Imanol Idiakez parece haber dado con un once tipo. Prácticamente el mismo al que había llegado en el comienzo de la temporada, antes de que las lesiones le obligaran a ponerse de nuevo a buscar.
Contar con un grupo de titulares definido tiene obvias ventajas: la principal, el conocimiento de los mecanismos que lleva a que el fútbol fluya de manera natural. Cada uno sabe dónde va a encontrar a su compañero y qué zonas debe ocupar para favorecer al resto. Entre los problemas de la situación, otro muy evidente: el riesgo de que bajen los brazos aquellos que van dejando de contar para el entrenador.

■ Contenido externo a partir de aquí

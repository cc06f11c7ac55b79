-- ===== src/Relay/Rules.antt =====
-- internal/relay/relay.go: the nftables program that forwards, as its rules and as its text. The
-- order of `sort.Slice` is that of an insertion sort: two mappings that it finds equal listen on
-- the same socket, which `Validate` refuses.
use singbox_deploy.Common.{
  Text, codes, text_eq, ◌==◌, Bool, true, false, not, List, [], ◌∷◌, ◌++◌, map, if◌then◌else◌, ℤ,
  pos, negsuc, int_eq, nat_eq, ltb, itoa,
}
use singbox_deploy.Relay.{Forward, Landing}

unfoldable pub int_ltb : ℤ → ℤ → Bool
int_ltb (pos a) (pos b) = ltb a b
int_ltb (pos a) (negsuc b) = false
int_ltb (negsuc a) (pos b) = true
int_ltb (negsuc a) (negsuc b) = ltb b a

-- `<` on strings
unfoldable pub text_ltb : Text → Text → Bool
text_ltb [] [] = false
text_ltb [] (d ∷ t) = true
text_ltb (c ∷ s) [] = false
text_ltb (c ∷ s) (d ∷ t) = let rest = text_ltb s t in if c == d then rest else ltb c d

unfoldable pub listens_before : Forward → Forward → Bool
listens_before f g =
    if not (f.listen_port == g.listen_port)
    then int_ltb f.listen_port g.listen_port
    else text_ltb f.network g.network

unfoldable pub insert_forward : Forward → List Forward → List Forward
insert_forward f [] = f ∷ []
insert_forward f (g ∷ gs) =
    let rest = insert_forward f gs in if listens_before g f then g ∷ rest else f ∷ g ∷ gs

unfoldable pub sorted_forwards : List Forward → List Forward
sorted_forwards [] = []
sorted_forwards (f ∷ fs) = insert_forward f (sorted_forwards fs)

pub record ResolvedLanding : Type 0 where
  pub landing : Landing
  pub ip : Text

-- `<network> dport <listen_port> dnat to <address>:<target_port>`
pub record Dnat : Type 0 where
  pub network : Text
  pub listen_port : ℤ
  pub address : Text
  pub target_port : ℤ

-- `ip daddr <address> <network> dport <target_port> masquerade`
pub record Masquerade : Type 0 where
  pub address : Text
  pub network : Text
  pub target_port : ℤ

unfoldable pub dnat_of : Text → Forward → Dnat
dnat_of ip f = record {
  network = f.network;
  listen_port = f.listen_port;
  address = ip;
  target_port = f.target_port;
}

unfoldable pub masquerade_of : Text → Forward → Masquerade
masquerade_of ip f = record { address = ip; network = f.network; target_port = f.target_port }

-- The loop over the landing nodes in the chain `prerouting`, and that in `postrouting`.
unfoldable pub prerouting : List ResolvedLanding → List Dnat
prerouting [] = []
prerouting (r ∷ rs) = map (dnat_of r.ip) (sorted_forwards r.landing.forwards) ++ prerouting rs

unfoldable pub postrouting : List ResolvedLanding → List Masquerade
postrouting [] = []
postrouting (r ∷ rs) =
    map (masquerade_of r.ip) (sorted_forwards r.landing.forwards) ++ postrouting rs

unfoldable pub dnat_line : Dnat → Text
dnat_line d =
    codes "\t\t"
    ++ d.network
    ++ codes " dport "
    ++ itoa d.listen_port
    ++ codes " dnat to "
    ++ d.address
    ++ codes ":"
    ++ itoa d.target_port
    ++ codes "\n"

unfoldable pub masquerade_line : Masquerade → Text
masquerade_line m =
    codes "\t\tip daddr "
    ++ m.address
    ++ codes " "
    ++ m.network
    ++ codes " dport "
    ++ itoa m.target_port
    ++ codes " masquerade\n"

abbrev concat : List Text → Text
concat [] = []
concat (t ∷ ts) = t ++ concat ts

abbrev pub table : Text
table = codes "singbox_deploy_relay"

unfoldable pub render_ruleset : List ResolvedLanding → Text
render_ruleset landings =
    codes "table ip "
    ++ table
    ++ codes " {}\n"
    ++ codes "delete table ip "
    ++ table
    ++ codes "\n\n"
    ++ codes "table ip "
    ++ table
    ++ codes " {\n"
    ++ codes "\tchain prerouting {\n"
    ++ codes "\t\ttype nat hook prerouting priority dstnat; policy accept;\n"
    ++ concat (map dnat_line (prerouting landings))
    ++ codes "\t}\n\n"
    ++ codes "\tchain postrouting {\n"
    ++ codes "\t\ttype nat hook postrouting priority srcnat; policy accept;\n"
    ++ concat (map masquerade_line (postrouting landings))
    ++ codes "\t}\n"
    ++ codes "}\n"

La situación, mucho más habitual hace años, cuando apenas se rotaba y el control de cargas era menor, podría terminar pasando factura al Deportivo según avance el curso si se enrarece el ambiente del vestuario. Sin embargo, no parece que este sea el caso. Por un lado, el rendimiento de quienes juegan debería diluir cualquier resentimiento en quienes participan menos, ya que el conjunto coruñés domina los partidos con autoridad. Por otro, veteranos como Salva Sevilla (y es él quien me parece el mejor ejemplo) han demostrado a lo largo de su carrera una profesionalidad tranquilizadora.
Por supuesto que a ningún jugador le gusta pasar los partidos en el banquillo, pero la profesión no se limita solo a los fines de semana y en el sueldo, como suele decirse, va también el trabajo diario. A partir de ahí, es clave el papel del míster a la hora de gestionar egos. Las temporadas, como recordaba recientemente Idiakez, siempre ofrecen oportunidades a quienes parecen contar menos, en forma de lesión o sanción. Se trata de aprovecharlas cuando llegan y eso, por muy duro que le resulte a los suplentes habituales, solo se consigue sin bajar los brazos hasta el final.